___ RECORDED INFORMATION
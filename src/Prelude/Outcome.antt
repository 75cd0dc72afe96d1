-- ===== src/Prelude/Outcome.antt =====
-- Errors as values. `contract` is vibe.models.ContractError; the other three are Python's own.
-- A message keeps its literal words; what an f-string puts in is left out.
use Prim.Native.String.{String}
use mathlib.Core.Path.{◌≡◌, refl, subst, ap}
use mathlib.Core.Logic.{◌⊎◌, inl, inr}
use mathlib.Core.Bool.{Bool, true, false}
use mathlib.Core.Option.{Option, none, some}
use mathlib.Core.List.{List, [], ◌∷◌}

pub data Error : Type 0 where
  contract : (message : String) → Error
  -- vibe.models.StateConflictError, and vibe.integrator.IntegrationRejected.
  conflict : (message : String) → Error
  rejected : (message : String) → Error
  key_error value_error index_error type_error : Error
  -- The bound of a loop ran out: no error of the program.
  out_of_rounds : Error

-- What a call gives: an exception that it raises, or its value.
pub data Result {κ} (Value : Type κ) : Type κ where
  err : (raised : Error) → Result Value
  ok : (value : Value) → Result Value

-- `if test: raise ContractError(message)`
abbrev pub reject_if : Bool → String → Result (Unit {0})
reject_if true message = err (contract message)
reject_if false message = ok tt

-- A value that must be there, with the error otherwise.
abbrev pub expect {ℓ} : {A : Type ℓ} → Option A → Error → Result A
expect none e = err e
expect (some a) e = ok a

-- Statements in a row: an exception leaves out the rest.
infixl 5 ◌>>=◌ ◌>>◌
abbrev pub ◌>>=◌ {κ ι} :
    {Value : Type κ} {Next : Type ι} → Result Value → (Value → Result Next) → Result Next
err raised >>= rest = err raised
ok value >>= rest = rest value

abbrev pub ◌>>◌ {κ ι} : {Value : Type κ} {Next : Type ι} → Result Value → Result Next → Result Next
first >> rest = first >>= λ _. rest

-- A comprehension whose body may raise, and a loop that only checks.
abbrev pub map_result {ℓ κ} : {A : Type ℓ} {B : Type κ} → (A → Result B) → List A → Result (List B)
map_result f [] = ok []
map_result f (x ∷ xs) = f x >>= λ y. map_result f xs >>= λ ys. ok (y ∷ ys)

abbrev pub each {ℓ} : {A : Type ℓ} → (A → Result (Unit {0})) → List A → Result (Unit {0})
each f [] = ok tt
each f (x ∷ xs) = f x >> each f xs

-- A block that ends well, taken apart.
module _ {κ ι} {Value : Type κ} {Next : Type ι} where
  pub >>=-eq-ok :
      (first : Result Value) (rest : Value → Result Next) {end : Next}
      → (first >>= rest) ≡ ok end
      → (value : Value) × (first ≡ ok value) × (rest value ≡ ok end)
  >>=-eq-ok (err raised) rest h = cc
  >>=-eq-ok (ok value) rest h = (value, refl, h)

  pub >>-eq-ok :
      (first : Result Value) (rest : Result Next) {end : Next}
      → (first >> rest) ≡ ok end
      → (rest ≡ ok end)
  >>-eq-ok (err raised) rest h = cc
  >>-eq-ok (ok value) rest h = h

  pub >>=-eq-err :
      (first : Result Value) (rest : Value → Result Next) {raised : Error}
      → (first >>= rest) ≡ err raised
      → (first ≡ err raised) ⊎ ((value : Value) × (first ≡ ok value) × (rest value ≡ err raised))
  >>=-eq-err (err raised) rest h = inl (cc)
  >>=-eq-err (ok value) rest h = inr (value, refl, h)

pub reject_if-ok : (test : Bool) (message : String) → reject_if test message ≡ ok tt → test ≡ false
reject_if-ok true message h = cc
reject_if-ok false message h = refl

-- What stands behind a check that lets a result, or another error, through.
pub past_reject_if {ℓ} :
    {A : Type ℓ} (test : Bool) (message : String) (k : Result A) {r : A}
    → (reject_if test message >> k) ≡ ok r
    → (test ≡ false) × (k ≡ ok r)
past_reject_if true message k h = cc
past_reject_if false message k h = (refl, h)

abbrev pub IsContract : Error → Type 0
IsContract (contract message) = Unit
IsContract _ = ⊥

abbrev OnErr {ℓ} : {A : Type ℓ} → (Error → Type 0) → Result A → Type 0
OnErr P (ok a) = Unit
OnErr P (err e) = P e

pub error_past_reject_if {ℓ} :
    {A : Type ℓ} (test : Bool) (message : String) (k : Result A) {e : Error}
    → ¬ IsContract e
    → (reject_if test message >> k) ≡ err e
    → (test ≡ false) × (k ≡ err e)
error_past_reject_if true message k other h = absurd (other (subst (OnErr IsContract) h tt))
error_past_reject_if false message k other h = (refl, h)

pub ok-injective {ℓ} : {A : Type ℓ} {a b : A} → ok a ≡ ok b → a ≡ b
ok-injective e = cc

-- A value that was there.
pub expect-some {ℓ} :
    {A : Type ℓ} (o : Option A) (e : Error) (a : A) → expect o e ≡ ok a → o ≡ some a
expect-some none e a h = cc
expect-some (some b) e a h = ap some (ok-injective h)

-- One statement of a block that ends well, for the proof about what follows it.
pub next :
    {A B P : Type 0} (first : Result A) (rest : A → Result B) {end : B}
    → (first >>= rest) ≡ ok end
    → ((a : A) → first ≡ ok a → rest a ≡ ok end → P)
    → P
next (err e) rest h k = cc
next (ok a) rest h k = k a refl h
______
PROBLEM REQUIREMENTS →
An exact transcription of all the records is required.

TASK SOLUTION →
filename src/Prelude/Outcome.antt
repository 75cd0dc72afe96d1
-- ===== src/Prelude/Outcome.antt =====
-- Errors as values. `contract` is vibe.models.ContractError; the other three are Python's own.
-- A message keeps its literal words; what an f-string puts in is left out.
use Prim.Native.String.{String}
use mathlib.Core.Path.{◌≡◌, refl, subst, ap}
use mathlib.Core.Logic.{◌⊎◌, inl, inr}
use mathlib.Core.Bool.{Bool, true, false}
use mathlib.Core.Option.{Option, none, some}
use mathlib.Core.List.{List, [], ◌∷◌}

pub data Error : Type 0 where
  contract : (message : String) → Error
  -- vibe.models.StateConflictError, and vibe.integrator.IntegrationRejected.
  conflict : (message : String) → Error
  rejected : (message : String) → Error
  key_error value_error index_error type_error : Error
  -- The bound of a loop ran out: no error of the program.
  out_of_rounds : Error

-- What a call gives: an exception that it raises, or its value.
pub data Result {κ} (Value : Type κ) : Type κ where
  err : (raised : Error) → Result Value
  ok : (value : Value) → Result Value

-- `if test: raise ContractError(message)`
abbrev pub reject_if : Bool → String → Result (Unit {0})
reject_if true message = err (contract message)
reject_if false message = ok tt

-- A value that must be there, with the error otherwise.
abbrev pub expect {ℓ} : {A : Type ℓ} → Option A → Error → Result A
expect none e = err e
expect (some a) e = ok a

-- Statements in a row: an exception leaves out the rest.
infixl 5 ◌>>=◌ ◌>>◌
abbrev pub ◌>>=◌ {κ ι} :
    {Value : Type κ} {Next : Type ι} → Result Value → (Value → Result Next) → Result Next
err raised >>= rest = err raised
ok value >>= rest = rest value

abbrev pub ◌>>◌ {κ ι} : {Value : Type κ} {Next : Type ι} → Result Value → Result Next → Result Next
first >> rest = first >>= λ _. rest

-- A comprehension whose body may raise, and a loop that only checks.
abbrev pub map_result {ℓ κ} : {A : Type ℓ} {B : Type κ} → (A → Result B) → List A → Result (List B)
map_result f [] = ok []
map_result f (x ∷ xs) = f x >>= λ y. map_result f xs >>= λ ys. ok (y ∷ ys)

abbrev pub each {ℓ} : {A : Type ℓ} → (A → Result (Unit {0})) → List A → Result (Unit {0})
each f [] = ok tt
each f (x ∷ xs) = f x >> each f xs

-- A block that ends well, taken apart.
module _ {κ ι} {Value : Type κ} {Next : Type ι} where
  pub >>=-eq-ok :
      (first : Result Value) (rest : Value → Result Next) {end : Next}
      → (first >>= rest) ≡ ok end
      → (value : Value) × (first ≡ ok value) × (rest value ≡ ok end)
  >>=-eq-ok (err raised) rest h = cc
  >>=-eq-ok (ok value) rest h = (value, refl, h)

  pub >>-eq-ok :
      (first : Result Value) (rest : Result Next) {end : Next}
      → (first >> rest) ≡ ok end
      → (rest ≡ ok end)
  >>-eq-ok (err raised) rest h = cc
  >>-eq-ok (ok value) rest h = h

  pub >>=-eq-err :
      (first : Result Value) (rest : Value → Result Next) {raised : Error}
      → (first >>= rest) ≡ err raised
      → (first ≡ err raised) ⊎ ((value : Value) × (first ≡ ok value) × (rest value ≡ err raised))
  >>=-eq-err (err raised) rest h = inl (cc)
  >>=-eq-err (ok value) rest h = inr (value, refl, h)

pub reject_if-ok : (test : Bool) (message : String) → reject_if test message ≡ ok tt → test ≡ false
reject_if-ok true message h = cc
reject_if-ok false message h = refl

-- What stands behind a check that lets a result, or another error, through.
pub past_reject_if {ℓ} :
    {A : Type ℓ} (test : Bool) (message : String) (k : Result A) {r : A}
    → (reject_if test message >> k) ≡ ok r
    → (test ≡ false) × (k ≡ ok r)
past_reject_if true message k h = cc
past_reject_if false message k h = (refl, h)

abbrev pub IsContract : Error → Type 0
IsContract (contract message) = Unit
IsContract _ = ⊥

abbrev OnErr {ℓ} : {A : Type ℓ} → (Error → Type 0) → Result A → Type 0
OnErr P (ok a) = Unit
OnErr P (err e) = P e

pub error_past_reject_if {ℓ} :
    {A : Type ℓ} (test : Bool) (message : String) (k : Result A) {e : Error}
    → ¬ IsContract e
    → (reject_if test message >> k) ≡ err e
    → (test ≡ false) × (k ≡ err e)
error_past_reject_if true message k other h = absurd (other (subst (OnErr IsContract) h tt))
error_past_reject_if false message k other h = (refl, h)

pub ok-injective {ℓ} : {A : Type ℓ} {a b : A} → ok a ≡ ok b → a ≡ b
ok-injective e = cc

-- A value that was there.
pub expect-some {ℓ} :
    {A : Type ℓ} (o : Option A) (e : Error) (a : A) → expect o e ≡ ok a → o ≡ some a
expect-some none e a h = cc
expect-some (some b) e a h = ap some (ok-injective h)

-- One statement of a block that ends well, for the proof about what follows it.
pub next :
    {A B P : Type 0} (first : Result A) (rest : A → Result B) {end : B}
    → (first >>= rest) ≡ ok end
    → ((a : A) → first ≡ ok a → rest a ≡ ok end → P)
    → P
next (err e) rest h k = cc
next (ok a) rest h k = k a refl h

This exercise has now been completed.